Many diamonds are subjected to artificial radiation, usually with subsequent annealing to create attractive colors. Most blue diamonds in the market are treated by artificial irradiation, yet irradiated blue diamonds with a multi-step treatment process are rarely seen in the lab. The National Center of Supervision and Inspection on Quality of Gold and Silver Products (Nanjing, China) recently examined such an example.
The 0.36 ct round brilliant, graded as fancy deep green-blue (figure 1), had natural mineral inclusions under the table and a fracture near the girdle. The DiamondView image showed a ring-like natural growth pattern (figure 2). The infrared spectrum revealed the diamond was type IaAB, with absorptions at 1282 cm–1 and 1175 cm–1 (A-aggregated nitrogen and B-aggregated nitrogen, respectively); the spectrum also revealed a radiation-related peak at 1450 cm–1 (figure 3). The H1a center reflected by the 1450 cm–1 band, involving a single nitrogen atom and two equivalent carbon atoms, was formed by irradiation and annealing above 300°C for diamonds with aggregated nitrogen (type Ia) (I. Kiflawi et al., “Nitrogen interstitials in diamond,” Physical Review B, Vol. 54, No. 23, 1996, pp. 16719–16726). The UV-Vis-NIR absorption spectrum showed absorption from a GR1 defect at 741.2 nm and revealed weak absorptions from a defect of uncertain structure (594.4 nm), H3 (503.2 nm), and H4 (496.2 nm) centers (figure 4). The GR1 center, believed to be a neutral vacancy (V0) defect, is a typical radiation-induced defect; the vacancies begin to move at 500°C and the GR1 center begins to decrease until it disappears, at around 800°C (A.T. Collins, “Investigating artificially coloured diamonds,” Nature, Vol. 273, No. 5664, 1978, pp. 654–655). The 595 nm center is also a typical radiation-induced center, which appears at temperatures above 300°C after radiation (Collins et al., 1978). The presence of the H3 and H4 centers was confirmed with photoluminescence (PL) spectroscopy (figure 5). The combination of all the above defects, especially the strong H1a center, indicates that the diamond was subjected to irradiation followed by annealing.

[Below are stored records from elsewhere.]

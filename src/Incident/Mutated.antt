-- ===== src/Incident/Mutated.antt =====
-- incident_environment.py: `_restart_service` and `_set_feature_flag` keep the invariant.
use agent_learning_loop.Base.{
  ℕ, ◌+◌, String, Bool, true, not, Option, none, some, Dict, lookup, insert, has_key, string_eq,
  sym, JsonValue, bool, Stdlib, ◌≡◌, refl, arith, if_intro,
}
use agent_learning_loop.Incident.Names.{IncidentToolName, incident_tool_eq, ServiceState}
use agent_learning_loop.Incident.Contracts.{IncidentAction}
use agent_learning_loop.Incident.Environment.{
  IncidentEnvironment, Answer, Grant, Operation, audit_record, target_of,
}
use agent_learning_loop.Incident.Approvals.{is_closed}
use agent_learning_loop.Incident.HighImpact.{
  Request, refuse, executed_entry, permits, mutated, run_new, run_request, with_identifiers,
  high_impact, operation_fingerprint,
}
use agent_learning_loop.Incident.Execute.{
  count_restart, perform_restart, restart_service, count_flag, perform_flag, flag_request,
  set_feature_flag, mitigate, heal, before_dot,
}
use agent_learning_loop.Incident.Sound.{IsSound, add_record-IsSound, simulated-IsSound}
use agent_learning_loop.Incident.Committed.{Evident-bump, Evident-other, commit-IsSound}
use agent_learning_loop.Incident.Kept.{reject_with-IsSound, reject-IsSound}

-- A mutation keeps the invariant where a grant permits the request and its operation is new.
abbrev Commits : Stdlib → Request → (IncidentEnvironment → Answer) → Type 0
Commits lib r mutation =
    (e : IncidentEnvironment) (g : Grant)
    → IsSound e
    → lookup r.approval_id e.grants ≡ some g
    → permits lib r e (some g) ≡ true
    → lookup r.operation_id e.operations ≡ none
    → IsSound (mutated lib r (mutation e)).1

count_restart-IsSound :
    (lib : Stdlib) (r : Request) (e : IncidentEnvironment) (g : Grant) (n : Option ℕ)
    (services : Dict ServiceState)
    → r.action.tool_name ≡ IncidentToolName.restart_simulated_service
    → IsSound e
    → lookup r.approval_id e.grants ≡ some g
    → permits lib r e (some g) ≡ true
    → lookup r.operation_id e.operations ≡ none
    → lookup r.target e.restart_counts ≡ n
    → IsSound (mutated lib r (count_restart n r.target (record e { services = services }))).1
count_restart-IsSound lib r e g none services t h granted permit fresh found =
    simulated-IsSound e e.incident_status services e.feature_flags h
count_restart-IsSound lib r e g (some n) services t h granted permit fresh found =
    let a = audit_record (executed_entry lib r true) e in
    commit-IsSound lib r _ e g services e.feature_flags (mitigate e.incident_status)
      (insert r.target (n + 1) e.restart_counts) e.feature_flag_mutations h granted permit fresh
      (Evident-bump _ r.target n e.restart_counts e.audit a found refl (rw t refl) refl h.restarts)
      (Evident-other _ r.action.tool_name e.feature_flag_mutations e.audit a refl
        (rw t (λ same. cc same)) h.flags)

restart-Commits :
    (lib : Stdlib) (r : Request)
    → r.action.tool_name ≡ IncidentToolName.restart_simulated_service
    → Commits lib r (perform_restart r.target)
unfolding perform_restart
restart-Commits lib r t e g h granted permit fresh =
    count_restart-IsSound lib r e g (lookup r.target e.restart_counts)
      (insert r.target ServiceState.healthy e.services) t h granted permit fresh refl

count_flag-IsSound :
    (lib : Stdlib) (r : Request) (enabled : Bool) (e : IncidentEnvironment) (g : Grant)
    (n : Option ℕ) (flags : Dict Bool)
    → r.action.tool_name ≡ IncidentToolName.set_feature_flag
    → IsSound e
    → lookup r.approval_id e.grants ≡ some g
    → permits lib r e (some g) ≡ true
    → lookup r.operation_id e.operations ≡ none
    → lookup r.target e.feature_flag_mutations ≡ n
    → IsSound (mutated lib r (count_flag n r.target enabled (record e { feature_flags = flags }))).1
count_flag-IsSound lib r enabled e g none flags t h granted permit fresh found =
    simulated-IsSound e e.incident_status e.services flags h
count_flag-IsSound lib r enabled e g (some n) flags t h granted permit fresh found =
    let a = audit_record (executed_entry lib r true) e in
    commit-IsSound lib r _ e g (heal (before_dot r.target) e.services) flags
      (mitigate e.incident_status) e.restart_counts
      (insert r.target (n + 1) e.feature_flag_mutations) h granted permit fresh
      (Evident-other _ r.action.tool_name e.restart_counts e.audit a refl (rw t (λ same. cc same))
        h.restarts)
      (Evident-bump _ r.target n e.feature_flag_mutations e.audit a found refl (rw t refl) refl
        h.flags)

flag-Commits :
    (lib : Stdlib) (r : Request) (enabled : Bool)
    → r.action.tool_name ≡ IncidentToolName.set_feature_flag
    → Commits lib r (perform_flag r.target enabled)
unfolding perform_flag
flag-Commits lib r enabled t e g h granted permit fresh =
    count_flag-IsSound lib r enabled e g (lookup r.target e.feature_flag_mutations)
      (insert r.target enabled e.feature_flags) t h granted permit fresh refl

refuse-IsSound :
    (lib : Stdlib) (r : Request) (category : String) (e : IncidentEnvironment)
    → IsSound e
    → IsSound (refuse lib r category e).1
refuse-IsSound lib r category e h = reject_with-IsSound r.action category r.target _ _ _ e h

granted_cases :
    (lib : Stdlib) (r : Request) (mutation : IncidentEnvironment → Answer) (e : IncidentEnvironment)
    (grant : Option Grant)
    → Commits lib r mutation
    → IsSound e
    → lookup r.operation_id e.operations ≡ none
    → lookup r.approval_id e.grants ≡ grant
    → permits lib r e grant ≡ true
    → IsSound (mutated lib r (mutation e)).1
granted_cases lib r mutation e none k h fresh found permit = cc permit
granted_cases lib r mutation e (some g) k h fresh found permit = k e g h found permit fresh

run_new-IsSound :
    (lib : Stdlib) (r : Request) (mutation : IncidentEnvironment → Answer) (e : IncidentEnvironment)
    → Commits lib r mutation
    → lookup r.operation_id e.operations ≡ none
    → IsSound e
    → IsSound (run_new lib r mutation e).1
unfolding run_new
run_new-IsSound lib r mutation e k fresh h =
    if_intro (λ (x : Answer). IsSound x.1) (is_closed e.incident_status) _ _
      (λ _. refuse-IsSound lib r "incident_terminal" e h)
      (λ _.
        if_intro (λ (x : Answer). IsSound x.1)
          (not (permits lib r e (lookup r.approval_id e.grants))) _ _
          (λ _. refuse-IsSound lib r "approval_mismatch" e h)
          (λ permit.
            granted_cases lib r mutation e (lookup r.approval_id e.grants) k h fresh refl
              (ground (arith, permit))))

run_request-IsSound :
    (lib : Stdlib) (r : Request) (previous : Option Operation)
    (mutation : IncidentEnvironment → Answer) (e : IncidentEnvironment)
    → Commits lib r mutation
    → lookup r.operation_id e.operations ≡ previous
    → IsSound e
    → IsSound (run_request lib r previous mutation e).1
run_request-IsSound lib r none mutation e k found h = run_new-IsSound lib r mutation e k found h
run_request-IsSound lib r (some previous) mutation e k found h =
    if_intro (λ (x : Answer). IsSound x.1)
      (not (string_eq.same previous.fingerprint (operation_fingerprint lib r))) _ _
      (λ _. refuse-IsSound lib r "idempotency_conflict" e h) (λ _. add_record-IsSound _ e refl h)

with_identifiers-IsSound :
    (lib : Stdlib) (action : IncidentAction) (target : String) (approval operation : Option String)
    (mutation : IncidentEnvironment → Answer) (e : IncidentEnvironment)
    → ((r : Request) → r.action ≡ action → r.target ≡ target → Commits lib r mutation)
    → IsSound e
    → IsSound (with_identifiers lib action target approval operation mutation e).1
with_identifiers-IsSound lib action target none operation mutation e k h =
    reject-IsSound action _ target e h
with_identifiers-IsSound lib action target (some approval) none mutation e k h =
    reject_with-IsSound action _ target _ _ _ e h
with_identifiers-IsSound lib action target (some approval) (some operation) mutation e k h =
    run_request-IsSound lib _ (lookup operation e.operations) mutation e (k _ refl refl) refl h

high_impact-IsSound :
    (lib : Stdlib) (action : IncidentAction) (target : String)
    (mutation : IncidentEnvironment → Answer) (e : IncidentEnvironment)
    → ((r : Request) → r.action ≡ action → r.target ≡ target → Commits lib r mutation)
    → IsSound e
    → IsSound (high_impact lib action target mutation e).1
unfolding high_impact
high_impact-IsSound lib action target mutation e k h =
    with_identifiers-IsSound lib action target _ _ mutation e k h

pub restart_service-IsSound :
    (lib : Stdlib) (action : IncidentAction) (e : IncidentEnvironment)
    → action.tool_name ≡ IncidentToolName.restart_simulated_service
    → IsSound e
    → IsSound (restart_service lib action e).1
unfolding restart_service
restart_service-IsSound lib action e t h =
    if_intro (λ (x : Answer). IsSound x.1) (has_key (target_of action) e.services) _ _
      (λ _.
        high_impact-IsSound lib action (target_of action) _ e
          (λ r a at. rw (sym at) (restart-Commits lib r (rw a t))) h)
      (λ _. reject-IsSound action _ (target_of action) e h)

flag_request-IsSound :
    (lib : Stdlib) (action : IncidentAction) (target : String) (known : Bool)
    (value : Option JsonValue) (e : IncidentEnvironment)
    → action.tool_name ≡ IncidentToolName.set_feature_flag
    → IsSound e
    → IsSound (flag_request lib action target known value e).1
flag_request-IsSound lib action target true (some (bool enabled)) e t h =
    high_impact-IsSound lib action target (perform_flag target enabled) e
      (λ r a at. rw (sym at) (flag-Commits lib r enabled (rw a t))) h
flag_request-IsSound lib action target _ _ e t h = reject-IsSound action _ target e h

pub set_feature_flag-IsSound :
    (lib : Stdlib) (action : IncidentAction) (e : IncidentEnvironment)
    → action.tool_name ≡ IncidentToolName.set_feature_flag
    → IsSound e
    → IsSound (set_feature_flag lib action e).1
unfolding set_feature_flag
set_feature_flag-IsSound lib action e t h =
    flag_request-IsSound lib action (target_of action) _ _ e t h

Natural near-colorless type Ia diamonds are known to be artificially irradiated to introduce blue to green color by displacing carbon atoms in the lattice to create vacancies. Annealing could be used to change the lattice defect configuration, especially GR1, to achieve a purer blue (C.M. Breeding, “A spectroscopic look at green and blue gem diamonds colored by artificial irradiation treatment,” presentation at Geological Society of American 2014 annual meeting). After annealing above 500°C, the vacancies start to migrate, and can be captured by nitrogen centers to create the H1a center (B. Dischler, Handbook of Spectral Lines in Diamond, Volume 1: Tables and Interpretations, Springer-Verlag, Berlin, 2012, pp. 315–316). To the best of our knowledge, this is the first diamond examined in China that has been irradiated and annealed to introduce a blue color.
Wenqing Huang, Xuguang Jin, and Wei Cai are affiliated with the National Center of Supervision and Inspection on Quality of Gold and Silver Products Nanjing, China. Guanghai Shi is affiliated with the State Key Laboratory of Geological Processes and Mineral Resources, China University of Geosciences, Beijing.